Abstract The involvement of the mitogen-activated protein kinase (MAPK) cascade in induced defense reactions of plants has been proposed. In a previous study, we reported that MAPK-like activity was activated in fungal elicitor-treated potato tubers. To gain a better understanding about the involvement of the MAPK cascade in defense reactions of potato, we cloned StMEK1, a potato ortholog of tobacco NtMEK2. StMEK1 shares more than 86% amino acid sequence identity with NtMEK2 and harbors conserved Ser/Thr in the activation loop. Agrobacterium-mediated expression of StMEK1DD, a constitutively active mutant of StMEK1, induced hypersensitive response (HR)-like cell death in Nicotiana benthamiana leaf, preceded by the activation of SIPK and WIPK. In addition, transient expression of StMEK1DD induced the transcript accumulation of defense genes such as PAL, TEAS, and EIG-I24 but decreased that of EIG-I30. These results suggest that StMEK1 is involved in both activation and repression of defense gene expression.

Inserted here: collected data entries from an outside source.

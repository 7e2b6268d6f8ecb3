-- ===== src/Engine/Mps/Truncation/Smallest.antt =====
-- What `auto_rank` chooses.
use ai_quantum.Common.{
  ℕ, ◌+◌, ◌-◌, ◌⊎◌, Bool, get_elem?-lt, get_elem?-cases, ◌≤◌, ◌<◌, min, ◌≡◌, refl, ◌∙◌, Bool-cases,
  true, false, ◌&&◌, inl, inr, List, [], ◌∷◌, length, length-map, get_elem?, some, Outcome, ok, err,
  arith,
}
use ai_quantum.Common.Float.{Float, is_zero}
use ai_quantum.Engine.Mps.Truncation.{ValueError, Torch, squares, fractions, rank_of, auto_rank}

module _ {F : Type 0} ⦃f : Float F⦄ where
  -- None is below the one in front of it.
  abbrev pub IsRising : List F → Type 0
  IsRising [] = Unit
  IsRising (x ∷ []) = Unit
  IsRising (x ∷ y ∷ xs) = (f.le x y ≡ true) × IsRising (y ∷ xs)

-- What torch documents: in a list that rises, `searchsorted` gives the index that splits it
-- at the value.
pub record IsTorch {F : Type 0} ⦃f : Float F⦄ (torch : Torch F) : Type 0 where
  pub within : (xs : List F) (v : F) → IsRising xs → torch.searchsorted xs v ≤ length xs
  pub before :
      (xs : List F) (v : F)
      → IsRising xs
      → (i : ℕ) (x : F) → i < torch.searchsorted xs v
      → get_elem? xs i ≡ some x
      → f.lt x v ≡ true
  pub at_split :
      (xs : List F) (v : F)
      → IsRising xs
      → (x : F) → get_elem? xs (torch.searchsorted xs v) ≡ some x
      → f.lt x v ≡ false
  pub length-cumsum : (xs : List F) → length (torch.cumsum xs) ≡ length xs

module _ {F : Type 0} ⦃f : Float F⦄ (torch : Torch F) where
  -- Rank `j + 1` retains too little.
  abbrev pub FallsShort : List F → F → ℕ → Type 0
  FallsShort sv energy j =
      (x : F) → get_elem? (fractions torch sv) j ≡ some x → f.lt x (torch.to_dtype energy) ≡ true

  abbrev pub Reaches : List F → F → ℕ → Type 0
  Reaches sv energy j =
      (x : F) × (get_elem? (fractions torch sv) j ≡ some x)
      × (f.lt x (torch.to_dtype energy) ≡ false)

  -- No smaller rank retains enough; this one does, or it is full and no rank does.
  pub record IsLeast (sv : List F) (energy : F) (rank : ℕ) : Type 0 where
    pub positive : 1 ≤ rank
    pub full : rank ≤ length sv
    pub smaller : (j : ℕ) → j + 1 < rank → FallsShort sv energy j
    pub enough :
        Reaches sv energy (rank - 1)
        ⊎ ((rank ≡ length sv) × ((j : ℕ) → j < length sv → FallsShort sv energy j))

  abbrev pub in_range : F → Bool
  in_range energy = f.lt (f.of_ℕ 0) energy && f.le energy (f.of_ℕ 1)

  abbrev pub no_energy : List F → Bool
  no_energy sv = is_zero (torch.sum (squares sv))

  -- What is promised of the answer.
  abbrev pub IsChosen : List F → F → Outcome ValueError ℕ → Type 0
  IsChosen sv energy (err e) = in_range energy ≡ false
  IsChosen sv energy (ok rank) =
      (in_range energy ≡ true)
      × (((no_energy sv ≡ true) × (rank ≡ 1)) ⊎ ((no_energy sv ≡ false) × IsLeast sv energy rank))

  module _ (law : IsTorch torch) (sv : List F) (energy : F) where
    length-fractions : length (fractions torch sv) ≡ length sv
    length-fractions =
        length-map (torch.cumsum (squares sv)) (λ c. f.div c (torch.sum (squares sv)))
        ∙ law.length-cumsum (squares sv)
        ∙ length-map sv (λ x. f.mul x x)

    split : ℕ
    split = torch.searchsorted (fractions torch sv) (torch.to_dtype energy)

    module _ (rising : IsRising (fractions torch sv)) (some_value : 1 ≤ length sv) where
      split-enough :
          Reaches sv energy (min (split + 1) (length sv) - 1)
          ⊎ ((min (split + 1) (length sv) ≡ length sv)
              × ((j : ℕ) → j < length sv → FallsShort sv energy j))
      unfolding split
      split-enough =
          let index = torch.searchsorted (fractions torch sv) (torch.to_dtype energy) in
          elim (get_elem?-cases (fractions torch sv) index) [
            | inl (x, found) ↦
                let inside = get_elem?-lt (fractions torch sv) index x found in
                let e : min (index + 1) (length sv) - 1 ≡ index =
                  omega (arith, inside, length-fractions) in
                inl (
                  x,
                  rw e found,
                  law.at_split (fractions torch sv) (torch.to_dtype energy) rising x found,
                )
            | inr (past) ↦ inr (
              omega (arith, past, length-fractions),
              λ j h x g.
                  law.before (fractions torch sv) (torch.to_dtype energy) rising j x
                    (omega (arith, past, length-fractions, h)) g,
            )
          ]

      split-IsLeast : IsLeast sv energy (min (split + 1) (length sv))
      unfolding split
      split-IsLeast = record {
        positive = omega arith;
        full = omega arith;
        smaller = λ j h x g.
            law.before (fractions torch sv) (torch.to_dtype energy) rising j x (omega (arith, h)) g;
        enough = split-enough;
      }

      rank_of-IsChosen : in_range energy ≡ true → IsChosen sv energy (ok (rank_of torch sv energy))
      unfolding rank_of split
      rank_of-IsChosen legal = elim (Bool-cases (no_energy sv)) [
        | inl zero_total ↦ rw zero_total (legal, inl (refl, refl))
        | inr positive_total ↦ rw positive_total (legal, inr (refl, split-IsLeast))
      ]

  -- For a matrix with at least one singular value whose retained fractions rise with the
  -- rank: an energy outside (0, 1] raises; a spectrum without energy gives rank 1; otherwise the
  -- rank is between 1 and the number of singular values, every smaller rank retains less than the
  -- energy asked for, and this one retains it, unless it is full and, by rounding, no rank does.
  pub auto_rank-IsChosen :
      {M : Type 0} (law : IsTorch torch) (svdvals : M → List F) (matrix : M) (energy : F)
      → 1 ≤ length (svdvals matrix)
      → IsRising (fractions torch (svdvals matrix))
      → IsChosen (svdvals matrix) energy (auto_rank torch svdvals matrix energy)
  unfolding auto_rank
  auto_rank-IsChosen law svdvals matrix energy nonempty rising =
      elim (Bool-cases (in_range energy)) [
        | inl legal ↦ rw legal (rank_of-IsChosen law (svdvals matrix) energy rising nonempty legal)
        | inr illegal ↦ rw illegal illegal
      ]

Silencing of WIPK and SIPK Mitogen-Activated Protein Kinases Reduces Tobacco mosaic virus Accumulation But Permits Systemic Viral Movement in Tobacco Possessing the N Resistance Gene

Infection of tobacco cultivars possessing the N resistance gene with Tobacco mosaic virus (TMV) results in confinement of the virus by necrotic lesions at the infection site. Although the mitogen-activated protein kinases WIPK and SIPK have been implicated in TMV resistance, evidence linking them directly to disease resistance is, as yet, insufficient. Viral multiplication was reduced slightly in WIPK- or SIPK-silenced plants but substantially in WIPK/SIPK-silenced plants, and was correlated with an increase in salicylic acid (SA) and a decrease in jasmonic acid (JA). Silencing of WIPK and SIPK in a tobacco cultivar lacking the N gene did not inhibit viral accumulation. The reduction in viral accumulation was attenuated by expressing a gene for an SA-degrading enzyme or by exogenously applying JA. Inoculation of lower leaves resulted in the systemic spread of TMV and formation of necrotic lesions in uninoculated upper leaves. These results suggested that WIPK and SIPK function to negatively regulate local resistance to TMV accumulation, partially through modulating accumulation of SA and JA in an N-dependent manner, but positively regulate systemic resistance.